Suasana restoran hotel yang mewah cukup ramai. Begitu melewati pintu restoran Syams berhenti sejenak. Mata pria itu mengedar ke sekitarnya, hingga ia mendapati seorang wanita berhijab melambaikan tangan. Syams kemudian menghampiri meja wanita berhijab itu dan duduk di depannya. Kini mereka duduk saling berhadapan. Seorang pelayan datang menyodorkan menu makanan. Setelah memesan makanan, pelayan menuangkan minuman ke gelas dan pergi.

"Arwin sama Michel ke mana? Kok enggak keliatan?" tanya Widya yang memulai pembicaraan.

"Mereka lagi main game di kamar. Yah, aku sudah terlalu tua buat ikut-ikutan main game online. Aku baru tau mereka se-abkrab itu," jelas Syams sambil membasahi tenggorokan.

"Arwin memang gampang akrab ke semua orang. Apalagi Arwin anak pertamanya Lina. Wajar kalau dia deket sama Michel," imbuh si wanita berhijab. "Tapi kayaknya Michel enggak setuju sama pernikahan kita."

"Sebenarnya tujuan kita menikah supaya aku bisa menggantikan posisi Eka setelah dia pensiun. Meskipun pernikahan kita ditunda, selama hubungan kita dan Haryo masih harmonis maka tujuan kita masih bisa dicapai. Jadi kamu enggak perlu khawatir."

"Ya memang seharusnya seperti itu. Tapi sepertinya bukan perkara itu yang membebani kamu. Iya kan?" todong Widya dengan senyuman lebar.

Syams tidak bisa menahan diri ikut menjungkitkan sudut bibirnya.

"Ini alasan aku suka sama kamu. Kamu kayak orang yang bisa baca pikiranku," imbuh Syams.

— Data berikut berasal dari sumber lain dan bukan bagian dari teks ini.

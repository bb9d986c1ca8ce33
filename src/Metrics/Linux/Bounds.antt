-- ===== src/Metrics/Linux/Bounds.antt =====
-- The values that the Linux reader (linux_metrics_reader.cpp) reports are those of std::uint64_t.
use aegis_desk.Prelude.{
  ℕ, ◌+◌, ◌-◌, ◌*◌, ◌/◌, ◌%◌, ◌^◌, ◌≡◌, ◌≤◌, ◌<◌, refl, Bool, true, false, Option, none, some, List,
  [], ◌∷◌, leb, drop, arith, inl, inr, Option-cases,
}
use aegis_desk.Prelude.Int.{ℤ, pos_part}
use aegis_desk.Prelude.Text.{Str, text}
use aegis_desk.Prelude.Deque.{get_elem?}
use aegis_desk.Prelude.Numeral.{from_chars, whole, whole-from_chars-lt}
use aegis_desk.Prelude.Result.{Result, ok, err, Result-cases}
use aegis_desk.Metrics.Sampler.{ProcessRawStats, SystemCapacitySnapshot, LongDoubles}
use aegis_desk.Metrics.Linux.Tokens.{parse_unsigned, split_whitespace, trim}
use aegis_desk.Metrics.Linux.Numbers.{
  uint64_max, nanoseconds_per_second, add_without_overflow, add_fraction,
  convert_ticks_to_nanoseconds, monotonic_nanoseconds, read_monotonic_time_nanoseconds,
  read_logical_cpu_count,
}
use aegis_desk.Metrics.Linux.Proc.{
  FileLines, Entries, ProcStatCpuFields, ProcStatusFields, StatusSeen, parse_field, first_number,
  after_last_parenthesis, parse_stat_line, read_proc_stat_cpu_fields, read_status_line,
  read_status_lines, finish_status, read_proc_status_fields, count_entries,
  count_open_file_descriptors, make_proc_path,
}
use aegis_desk.Metrics.Linux.{ProcDirectory, System, read_process_raw_stats, read_system_capacity}

-- Of the conversion to std::uint64_t: a value from 0 to n is cut to one of at most n, where n is
-- itself in range (a `long double` of 64 bits of precision represents it exactly).
abbrev pub Truncates : {D L : Type 0} → LongDoubles D L → Type 0
Truncates {L = L} f =
    (n : ℕ) (x : L)
    → n ≤ uint64_max
    → f.is_finite x ≡ true
    → f.lt x (f.of_ℕ 0) ≡ false
    → f.lt (f.of_ℕ n) x ≡ false
    → f.to_unsigned x ≤ n

le→leb : (n : ℕ) → n ≤ uint64_max → leb n uint64_max ≡ true
le→leb n h = ground arith

abbrev is_below : Option ℕ → Bool
is_below none = true
is_below (some n) = leb n uint64_max

parse_field-below : (fields : List Str) (i : ℕ) → is_below (parse_field fields i) ≡ true
unfolding parse_field parse_unsigned
parse_field-below fields i = elim (Option-cases (parse_field fields i)) [
  | inl e ↦ rw e refl
  | inr (n, e) ↦ rw e (le→leb n (parse_field-le n e))
]
  where
    parse_field-le : (n : ℕ) → parse_field fields i ≡ some n → n ≤ uint64_max
    parse_field-le n h = elim (Option-cases (get_elem? fields i)) [
      | inl e ↦ absurd (ground arith)
      | inr (field, e) ↦
          let read : whole (from_chars 64 field) ≡ some n = ground arith in
          omega (arith, whole-from_chars-lt 64 field n read)
    ]

add_without_overflow-le :
    (a b n : ℕ) → b ≤ uint64_max → add_without_overflow a b ≡ some n → n ≤ uint64_max
unfolding add_without_overflow
add_without_overflow-le a b n h e = ground arith

parse_stat_line-le :
    (path line : Str) (r : ProcStatCpuFields)
    → parse_stat_line path line ≡ ok r
    → (r.process_cpu_ticks ≤ uint64_max) × (r.start_time_ticks ≤ uint64_max)
unfolding parse_stat_line add_without_overflow
parse_stat_line-le path line r h = elim (Option-cases (after_last_parenthesis line)) [
  | inl e ↦ absurd (ground arith)
  | inr (after, e) ↦ ground (
    arith,
    parse_field-below (split_whitespace (trim after)) 11,
    parse_field-below (split_whitespace (trim after)) 12,
    parse_field-below (split_whitespace (trim after)) 19,
  )
]

count_entries-le :
    (entries : Entries) (path : Str) (count n : ℕ)
    → count ≤ uint64_max
    → count_entries path count entries ≡ ok n
    → n ≤ uint64_max
unfolding count_entries
count_entries-le Entries.no_more path count n h e = ground arith
count_entries-le (Entries.entry rest) path count n h e =
    ground (arith, count_entries-le rest path (count + 1) n)
count_entries-le (Entries.failing_entry what) path count n h e = ground arith

finish_status-le :
    (path : Str) (rss threads : Option ℕ) (r : ProcStatusFields)
    → is_below threads ≡ true
    → finish_status path rss threads ≡ ok r
    → (r.rss_bytes ≤ uint64_max) × (r.thread_count ≤ uint64_max)
unfolding finish_status
finish_status-le path none threads r h e = absurd (ground arith)
finish_status-le path (some rss) none r h e = absurd (ground arith)
finish_status-le path (some rss) (some threads) r h e = ground arith

read_status_line-below :
    (path : Str) (seen next : StatusSeen) (line : Str)
    → is_below seen.thread_count ≡ true
    → read_status_line path seen line ≡ ok next
    → is_below next.thread_count ≡ true
unfolding read_status_line first_number
read_status_line-below path seen next line h e =
    ground (arith, parse_field-below (split_whitespace (drop 8 line)) 0)

read_status_lines-below :
    (lines : List Str) (path : Str) (seen r : StatusSeen)
    → is_below seen.thread_count ≡ true
    → read_status_lines path seen lines ≡ ok r
    → is_below r.thread_count ≡ true
unfolding read_status_lines
read_status_lines-below [] path seen r h e = ground arith
read_status_lines-below (line ∷ lines) path seen r h e =
    elim (Result-cases (read_status_line path seen line)) [
      | inl (next, e') ↦
          read_status_lines-below lines path next r
            (read_status_line-below path seen next line h e') (ground arith)
      | inr (message, e') ↦ absurd (ground arith)
    ]

read_proc_stat-le :
    (pid : ℤ) (file : FileLines) (r : ProcStatCpuFields)
    → read_proc_stat_cpu_fields pid file ≡ ok r
    → (r.process_cpu_ticks ≤ uint64_max) × (r.start_time_ticks ≤ uint64_max)
unfolding read_proc_stat_cpu_fields
read_proc_stat-le pid none r h = absurd (ground arith)
read_proc_stat-le pid (some []) r h = absurd (ground arith)
read_proc_stat-le pid (some (line ∷ lines)) r h = parse_stat_line-le _ line r h

read_proc_status-le :
    (pid : ℤ) (file : FileLines) (r : ProcStatusFields)
    → read_proc_status_fields pid file ≡ ok r
    → (r.rss_bytes ≤ uint64_max) × (r.thread_count ≤ uint64_max)
unfolding read_proc_status_fields
read_proc_status-le pid none r h = absurd (ground arith)
read_proc_status-le pid (some lines) r h =
    let path = make_proc_path pid (text "status") in
    let start : StatusSeen = record { rss_kilobytes = none; thread_count = none } in
    elim (Result-cases (read_status_lines path start lines)) [
      | inr (message, e) ↦ absurd (ground arith)
      | inl (seen, e) ↦
          finish_status-le path seen.rss_kilobytes seen.thread_count r
            (read_status_lines-below lines path start seen refl e) (ground arith)
    ]

count_fds-le :
    (pid : ℤ) (fd : Result Entries) (n : ℕ)
    → count_open_file_descriptors pid fd ≡ ok n
    → n ≤ uint64_max
unfolding count_open_file_descriptors
count_fds-le pid (err what) n h = absurd (ground arith)
count_fds-le pid (ok entries) n h = count_entries-le entries _ 0 n (omega arith) h

module _ {D L : Type 0} (f : LongDoubles D L) where
  convert_ticks-le :
      (ticks : ℕ) (per_second : ℤ) (n : ℕ)
      → Truncates f
      → convert_ticks_to_nanoseconds f ticks per_second ≡ some n
      → n ≤ uint64_max
  unfolding convert_ticks_to_nanoseconds add_fraction
  convert_ticks-le ticks per_second n cut h =
      let t = pos_part per_second in
      let whole_nanoseconds = ticks / t * nanoseconds_per_second in
      let fractional =
        f.div (f.mul (f.of_ℕ (ticks % t)) (f.of_ℕ nanoseconds_per_second)) (f.of_ℕ t) in
      ground (arith, cut (uint64_max - whole_nanoseconds) fractional)

  -- Every value of a reading of a process is one of std::uint64_t, where the conversion from the
  -- fraction truncates: no sum or product has wrapped around.
  pub read_process_raw_stats-le :
      (system : System) (pid : ℤ) (proc : ProcDirectory) (r : ProcessRawStats)
      → Truncates f
      → read_process_raw_stats f system pid proc ≡ ok r
      → (r.process_cpu_time_ns ≤ uint64_max)
        × (r.process_identity ≤ uint64_max)
        × (r.rss_bytes ≤ uint64_max)
        × (r.thread_count ≤ uint64_max)
        × (r.fd_count ≤ uint64_max)
  unfolding read_process_raw_stats
  read_process_raw_stats-le system pid proc r cut h =
      elim (Result-cases (read_proc_stat_cpu_fields pid proc.stat)) [
        | inr (message, e) ↦ absurd (ground arith)
        | inl (stat_fields, e) ↦ elim (Result-cases (read_proc_status_fields pid proc.status)) [
          | inr (message, e') ↦ absurd (ground arith)
          | inl (status_fields, e') ↦
              let (_, identity) = read_proc_stat-le pid proc.stat stat_fields e in
              let (rss, threads) = read_proc_status-le pid proc.status status_fields e' in
              let ticks =
                convert_ticks-le stat_fields.process_cpu_ticks system.clock_ticks_per_second
                  r.process_cpu_time_ns cut (ground arith) in
              let fds = count_fds-le pid proc.fd r.fd_count (ground arith) in ground arith
        ]
      ]

-- A snapshot has a time in the range of std::uint64_t, and from one processor to as many as
-- std::uint32_t counts.
pub read_system_capacity-le :
    (system : System) (r : SystemCapacitySnapshot)
    → read_system_capacity system ≡ ok r
    → (r.monotonic_time_ns ≤ uint64_max)
      × (0 < r.logical_cpu_count)
      × (r.logical_cpu_count < 2 ^ 32)
unfolding read_system_capacity read_monotonic_time_nanoseconds monotonic_nanoseconds
    read_logical_cpu_count
read_system_capacity-le system r h = ground arith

"Terus apa yang yang membebani pikiranmu sekarang?" tanya Widya dengan senyuman manis yang masih bertengger di wajahnya.

"Keluarga. Meskipun keluarga yang seperti kain tambal sulam, masih bisa disebut keluarga kan? Walaupun nanti terpencar-pencar dan tidak punya rumah yang tetap, masih bisa disebut keluarga kan?"

Pria paruh baya itu mengambil napas dalam-dalam dan menatap lamat-lamat wanita di depannya.

"Aku ingin menunda pernikahan kita, setidaknya sampai kamu dan Michel akrab. Aku ingin kamu benar-benar jadi ibunya Michel. Apa kamu mau menyanggupi permintaan ini?"

Widya meraih tangan kanan Syams. Jemari wanita itu bergerak menyentuh dua cincin yang terpasang di jari manis pria itu.

"Aku pasti jawab 'iya', Syams. Anggap saja ini penebusan kita berdua dari semua benang merah yang dihubungkan oleh Lina."